# Big bucks on the bay



## acls (Mar 3, 2009)

I wanted to share a handful of bottles that I noticed are bringing big money on ebay.....

 http://cgi.ebay.com/XXRARE-PRINCESS-Beverages-Bottle-ACL-Picture-Indian-WVa_W0QQitemZ150328606960QQcmdZViewItemQQptZLH_DefaultDomain_0?hash=item150328606960&_trksid=p3286.c0.m14&_trkparms=66%3A2|65%3A3|39%3A1|240%3A1318

 http://cgi.ebay.com/RARE-MOBILE-AL-BARQS-MOON-GLO-SODA-BOTTLE-UNUSED-CAP_W0QQitemZ280317793203QQcmdZViewItemQQptZLH_DefaultDomain_0?hash=item280317793203&_trksid=p3286.c0.m14&_trkparms=66%3A2|65%3A10|39%3A1|240%3A1318

 http://cgi.ebay.com/BIG-CHIEF-BEVERAGES-ACL-10OZ-SODA-BOTTLE-FULL_W0QQitemZ380107787082QQcmdZViewItemQQptZLH_DefaultDomain_0?hash=item380107787082&_trksid=p3286.c0.m14&_trkparms=66%3A2|65%3A3|39%3A1|240%3A1318


----------



## RICKJJ59W (Mar 3, 2009)

I think I might have tossed a few of those back in the dumps over the years.


----------



## bubbas dad (Mar 3, 2009)

i wonder if Barqs19 got the moon glo? thats a brand he was really interested in. it's the 1st bottle from them i've seen for sale.


----------



## morbious_fod (Mar 4, 2009)

I have seen the princess one in person before.


----------



## VA is for Diggers (Mar 4, 2009)

Wow, $$$$, that is why I have been combing the woods in places I used to not even bother looking or digging. I have seen some milks go crazy lately also.


----------



## druggistnut (Mar 12, 2009)

Matt, 
 What do you attribute the high price on the Big Chief to, it being unopened or the location?
 Bill


----------



## acls (Mar 12, 2009)

Bill- This Big Chief went for over a thousand because it is rare and more specifically because it is a rare Big Chief.  Big Chief collectors are hardcore and they will pay the big bucks for the rare ones.
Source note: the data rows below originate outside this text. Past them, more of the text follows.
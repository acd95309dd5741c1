-- ===== src/BitMap.antt =====
-- userprog/bitmap.h and userprog/bitmap.cc: an array of bits kept in 32-bit words. The memory that
-- `new` returns is not cleared, so `create` is given its contents.
pub mod Laws
pub mod Search
pub mod Count
use Prim.Native.Nat.{bit_and, bit_or}
use nach_osx.Prelude.{
  ℕ, zero, suc, ◌+◌, ◌-◌, ◌/◌, ◌%◌, ◌^◌, ◌≡◌, Bool, true, false, not, List, length, get_or, set,
  ltb, ◌==◌, if◌then◌else◌, ℤ, pos, negsuc, minus_one, Outcome, ok, abort, ◌>>=◌, ◌>>◌, check,
  bounds,
}
use nach_osx.Bits.{bit, shift_one, complement}

abbrev pub bits_in_word : ℕ
bits_in_word = 32

-- divRoundUp of threads/utility.h
unfoldable pub div_round_up : ℕ → ℕ → ℕ
div_round_up n s = n / s + (if ltb 0 (n % s) then 1 else 0)

pub record BitMap : Type 0 where
  pub num_bits : ℕ
  pub num_words : ℕ
  pub map : List ℕ

-- map[which / BitsInWord] = f(map[which / BitsInWord])
update_word : BitMap → ℕ → (ℕ → ℕ) → Outcome BitMap
update_word m w f = do
  bounds (ltb w (length m.map))
  ok (record m { map = set m.map w (f (get_or m.map w 0)) })

unfoldable pub mark : BitMap → ℤ → Outcome BitMap
unfolding update_word
mark m (negsuc which) = abort
mark m (pos which) = do
  check (ltb which m.num_bits)
  update_word m (which / bits_in_word) (λ w. bit_or w (shift_one (which % bits_in_word)))

pub clear : BitMap → ℤ → Outcome BitMap
unfolding update_word
clear m (negsuc which) = abort
clear m (pos which) = do
  check (ltb which m.num_bits)
  update_word m (which / bits_in_word)
      (λ w. bit_and w (complement (shift_one (which % bits_in_word))))

unfoldable pub test : BitMap → ℤ → Outcome Bool
test m (negsuc which) = abort
test m (pos which) = do
  check (ltb which m.num_bits)
  bounds (ltb (which / bits_in_word) (length m.map))
  ok (not (bit_and (get_or m.map (which / bits_in_word) 0) (shift_one (which % bits_in_word)) == 0))

-- The loop of the constructor, `n` rounds from `i` on.
clear_loop : ℕ → ℕ → BitMap → Outcome BitMap
clear_loop zero i m = ok m
clear_loop (suc n) i m = do m' ← clear m (pos i); clear_loop n (i + 1) m'

unfoldable pub create : List ℕ → ℕ → Outcome BitMap
unfolding clear_loop
create memory nitems =
    clear_loop nitems 0
      (record { num_bits = nitems; num_words = div_round_up nitems bits_in_word; map = memory })

find_loop : ℕ → ℕ → BitMap → Outcome (ℤ × BitMap)
find_loop zero i m = ok (minus_one, m)
find_loop (suc n) i m = do
  used ← test m (pos i)
  if used then find_loop n (i + 1) m else (do m' ← mark m (pos i); ok (pos i, m'))

unfoldable pub find : BitMap → Outcome (ℤ × BitMap)
unfolding find_loop
find m = find_loop m.num_bits 0 m

num_clear_loop : ℕ → ℕ → ℕ → BitMap → Outcome ℕ
num_clear_loop zero i count m = ok count
num_clear_loop (suc n) i count m = do
  used ← test m (pos i)
  num_clear_loop n (i + 1) (if used then count else count + 1) m

unfoldable pub num_clear : BitMap → Outcome ℕ
unfolding num_clear_loop
num_clear m = num_clear_loop m.num_bits 0 0 m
 As for having the original contents that doesn't help or hurt the value on this type of ACL bottle.  I would imagine this one will get emptied out and washed by the buyer.  The only ACL collectors who always want their bottles to be full are the commemorative Coke bottle collectors.


----------



## T D (Mar 12, 2009)

along those same lines, so many people add colored water, cola, and such and recap them, that it is nearly impossible to know for sure if it is real.  Usually if it is real, the cap is rusty and the liquid is gunky, though that is not always the case.  I've bought acls that are listed as all original with the liquid in it, and have requested that they empty them to reduce the shipping amount.  I agree with Matt that unless it is documented, it doesn't help the value with the contents in it.  Some of the white or plain labels do look good displayed with colored water in it...


----------



## BARQS19 (Mar 13, 2009)

Nope, I didn't get it. I don't have the black one either. I have the white one. I'm not on ebay as much as I used to so I forgot to bid. If the seller knew so much about it I'm sure they've heard of me or even knew me. All they had to do was call! Whoever got it got it at a good price.
 BARQS19


----------



## wonkapete (Mar 13, 2009)

Hey Robert...sorry, but that was me.  I was sure you and I would be butting heads over this one.  I needed this one for my Mobile collection and I figured you'd be wanting it for your Barq's collection.  In my 20+ years of collecting Mobile bottles, this is the first one I've ever came across.  I can't believe it went so cheap either.  It's a beauty.


----------



## acls (Mar 23, 2009)

Here are a few more.

 This one should go pretty high:
 http://cgi.ebay.com/OLD-MOUNTAIN-DEW-HILLBILLY-BOTTLE-7-OZ-RARE_W0QQitemZ330316613655QQcmdZViewItemQQptZLH_DefaultDomain_0?hash=item330316613655&_trksid=p3286.c0.m14&_trkparms=66%3A2|65%3A10|39%3A1|240%3A1318


 This one already did:
 http://cgi.ebay.com/ws/eBayISAPI.dll?ViewItem&ssPageName=STRK:MEWAX:IT&item=290303214756


----------



## morbious_fod (Mar 25, 2009)

I certainly hope not. LOL!


----------



## acls (Mar 25, 2009)

Are you bidding on the Dew morbious?


----------



## morbious_fod (Mar 25, 2009)

Yeah. But I seriously doubt that I'm gonna win it.


----------



## TX Big Chief (Mar 26, 2009)

Hi Matt.I just checked out your ACL web page.I like it.There are a lot of bottles 
 there that I would like to have in my collection.You must have a really nice collection.


----------



## morbious_fod (Mar 27, 2009)

Hey ACLs where is that yellow and blue label 12oz Sunflower on your site from?


----------



## acls (Mar 27, 2009)

Thanks James.  I am glad you like it.  I hope to add more to it in the near future, and maybe get it laid out a little better.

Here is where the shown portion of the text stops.